» **What you have to do**:
Filter the entries, keeping every line with the string "sealed".

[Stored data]

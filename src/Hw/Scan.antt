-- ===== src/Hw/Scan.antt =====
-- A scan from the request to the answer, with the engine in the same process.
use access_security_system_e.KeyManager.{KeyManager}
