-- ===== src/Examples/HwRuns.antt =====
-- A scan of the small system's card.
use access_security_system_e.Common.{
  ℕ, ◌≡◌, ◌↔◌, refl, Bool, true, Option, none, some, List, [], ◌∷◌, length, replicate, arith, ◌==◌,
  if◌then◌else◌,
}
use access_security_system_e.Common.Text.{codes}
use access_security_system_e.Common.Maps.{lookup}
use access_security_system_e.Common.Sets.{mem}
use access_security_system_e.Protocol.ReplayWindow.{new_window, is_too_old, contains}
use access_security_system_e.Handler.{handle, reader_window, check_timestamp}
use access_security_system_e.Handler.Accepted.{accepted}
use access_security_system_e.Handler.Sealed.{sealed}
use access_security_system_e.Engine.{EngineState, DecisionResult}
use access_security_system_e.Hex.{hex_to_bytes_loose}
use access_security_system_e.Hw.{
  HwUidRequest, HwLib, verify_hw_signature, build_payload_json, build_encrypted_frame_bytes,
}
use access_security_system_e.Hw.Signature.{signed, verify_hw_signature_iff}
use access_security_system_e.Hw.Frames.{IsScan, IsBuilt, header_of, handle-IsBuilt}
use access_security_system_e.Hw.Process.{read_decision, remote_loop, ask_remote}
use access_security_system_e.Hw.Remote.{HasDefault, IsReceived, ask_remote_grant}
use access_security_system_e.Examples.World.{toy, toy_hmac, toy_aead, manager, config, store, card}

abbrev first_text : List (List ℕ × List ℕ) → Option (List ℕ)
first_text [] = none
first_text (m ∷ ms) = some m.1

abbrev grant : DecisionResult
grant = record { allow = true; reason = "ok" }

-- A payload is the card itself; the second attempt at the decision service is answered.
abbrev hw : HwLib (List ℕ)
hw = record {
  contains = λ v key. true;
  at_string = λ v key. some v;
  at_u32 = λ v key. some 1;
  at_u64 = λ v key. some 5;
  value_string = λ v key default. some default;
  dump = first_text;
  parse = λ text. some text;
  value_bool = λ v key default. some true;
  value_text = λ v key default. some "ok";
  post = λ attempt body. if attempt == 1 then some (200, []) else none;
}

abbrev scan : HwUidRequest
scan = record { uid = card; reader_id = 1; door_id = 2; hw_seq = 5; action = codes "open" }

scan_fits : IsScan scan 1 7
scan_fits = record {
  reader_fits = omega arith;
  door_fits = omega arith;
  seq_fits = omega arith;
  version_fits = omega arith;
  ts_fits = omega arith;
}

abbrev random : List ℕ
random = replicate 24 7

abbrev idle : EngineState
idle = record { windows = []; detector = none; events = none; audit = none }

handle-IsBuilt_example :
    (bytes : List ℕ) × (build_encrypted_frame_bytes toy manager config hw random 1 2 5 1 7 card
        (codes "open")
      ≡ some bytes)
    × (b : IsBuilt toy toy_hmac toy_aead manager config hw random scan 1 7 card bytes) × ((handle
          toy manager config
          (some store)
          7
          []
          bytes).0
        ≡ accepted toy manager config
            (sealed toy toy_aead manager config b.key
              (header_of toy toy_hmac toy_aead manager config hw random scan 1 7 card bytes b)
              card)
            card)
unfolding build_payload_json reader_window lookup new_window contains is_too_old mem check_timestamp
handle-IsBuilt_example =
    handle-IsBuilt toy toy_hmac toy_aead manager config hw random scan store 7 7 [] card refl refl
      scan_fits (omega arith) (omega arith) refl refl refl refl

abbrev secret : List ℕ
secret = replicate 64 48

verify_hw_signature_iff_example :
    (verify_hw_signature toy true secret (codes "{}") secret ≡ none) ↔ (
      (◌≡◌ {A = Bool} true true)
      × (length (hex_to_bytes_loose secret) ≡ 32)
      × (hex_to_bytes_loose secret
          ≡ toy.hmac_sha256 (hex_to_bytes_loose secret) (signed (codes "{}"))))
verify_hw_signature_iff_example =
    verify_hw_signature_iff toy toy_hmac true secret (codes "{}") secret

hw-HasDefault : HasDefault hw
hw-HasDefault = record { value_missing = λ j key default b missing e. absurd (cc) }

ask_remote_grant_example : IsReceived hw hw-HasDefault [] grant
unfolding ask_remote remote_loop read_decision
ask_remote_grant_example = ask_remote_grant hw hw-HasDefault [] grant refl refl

» **Task response**:
use access_security_system_e.Handler.Sealed.{sealed}
            (sealed toy toy_aead manager config b.key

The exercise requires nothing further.